Sent from Petguide.com Free App


----------



## Wicked Pixie (Oct 14, 2011)

Check out dogfoodadvisor.com it is a great site that gives all types of dog foods a star rating. If your girl is having skin issues, definitely look for a grain free food, preferably one with limited ingredients. My recommendation would be raw, and there are lots of pre-made raw options available. Ziwi Peak (air dried raw) is popular with members, and Fromm, Acana and Orijen are popular kibble choices.


----------



## CocosMommy (Jun 29, 2013)

Hey wicked pixie! 

Thanks for the response!
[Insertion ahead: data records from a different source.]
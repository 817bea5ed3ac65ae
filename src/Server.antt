-- ===== src/Server.antt =====
-- The way of a request through internal/api/server.go up to its handler: which of its headers are
-- believed. The parsers of package net are parameters.
pub mod Replies
pub mod Trust
pub mod Routes
pub mod Guarded
pub mod Tests
use agentic_paasd.Prelude.{
  Bool, true, false, List, [], Option, none, some, Text, codes, is_empty, same, if◌then◌else◌,
}
use agentic_paasd.Auth.Token.{trim_space}

-- net.SplitHostPort (the host), net.ParseIP (the address as ip.String prints it), IsLoopback.
pub record Net : Type 0 where
  pub split_host : Text → Option Text
  pub parse_ip : Text → Option Text
  pub is_loopback_ip : Text → Bool

-- The proxy's headers, where they are present; a missing header reads as the empty text.
pub record Headers : Type 0 where
  pub forwarded_for : Text
  pub forwarded_proto : Text
  pub real_ip : Text

pub record Incoming : Type 0 where
  pub remote_addr : Text
  pub has_tls : Bool
  pub headers : Headers

-- The host of "host:port", or the whole text.
abbrev pub host_or : Option Text → Text → Text
host_or (some host) s = host
host_or none s = s

abbrev pub loopback_of : Net → Option Text → Bool
loopback_of net none = false
loopback_of net (some ip) = net.is_loopback_ip ip

unfoldable pub is_loopback : Net → Text → Bool
is_loopback net addr = loopback_of net (net.parse_ip (host_or (net.split_host addr) addr))

abbrev pub no_headers : Headers
no_headers = record { forwarded_for = []; forwarded_proto = []; real_ip = [] }

unfoldable pub strip_untrusted : Net → Incoming → Incoming
strip_untrusted net r =
    if is_loopback net r.remote_addr then r else record r { headers = no_headers }

-- Whether requireHTTPS lets the request through.
unfoldable pub passes_https : Net → Incoming → Bool
passes_https net r =
    if is_loopback net r.remote_addr
    then same r.headers.forwarded_proto (codes "https")
    else r.has_tls

abbrev ip_or_empty : Option Text → Text
ip_or_empty (some ip) = ip
ip_or_empty none = []

-- "ip", "ip:port" or "[ip]:port"; empty if there is no valid address.
unfoldable pub normalize_ip : Net → Text → Text
normalize_ip net s =
    let t = trim_space s in
    if is_empty t then [] else ip_or_empty (net.parse_ip (host_or (net.split_host t) t))

unfoldable pub trusted_real_ip : Net → Incoming → Text
trusted_real_ip net r =
    let direct = normalize_ip net r.remote_addr in
    let forwarded = normalize_ip net r.headers.real_ip in
    if is_loopback net r.remote_addr
    then (if is_empty forwarded then direct else forwarded)
    else direct

-- What the chain of middlewares in front of the handlers makes of a request, and the address that
-- a handler then takes for the client's; `none` is the refusal with 403.
unfoldable pub admitted_ip : Net → Bool → Incoming → Option Text
admitted_ip net dev_mode r =
    let stripped = strip_untrusted net r in
    if dev_mode
    then some (trusted_real_ip net stripped)
    else if passes_https net stripped
    then some (trusted_real_ip net stripped)
    else none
Yes i know this website well  its odd... It seems like acana is what makes her skin dry  and she was on Go brand before an was doing okay... I was thinking the Pacifica by Acana? But i was unsure as i would like to limit it to just one ingredient and i found "Go" salmon flavour


Sent from Petguide.com Free App


----------



## TinyTails (Jun 24, 2011)

I think Petcurean is a great company with good food. From their formulas I would go for the Go Fit and Free. I have heard great reviews on it  If you are only having a dry skin issue and not allergies you can add some salmon oil or coconut oil to the food. I have also heard good things about the Salmon formula for allergy dogs - sometimes grain free is not the best option for every dog, it's whatever works best for your pup - that was the case with some of my dogs, they did much better with things like quinoa, rice or millet instead of potato which many grain free foods are unfortunately loaded with. Here's some LID foods I have tried in the past:
Canine Caviar - I feed this and my pups do great
Nature's Variety Instinct
Nutrisource
Earthborn
Nutrisca
Ziwipeak


----------



## CocosMommy (Jun 29, 2013)

Thanks!!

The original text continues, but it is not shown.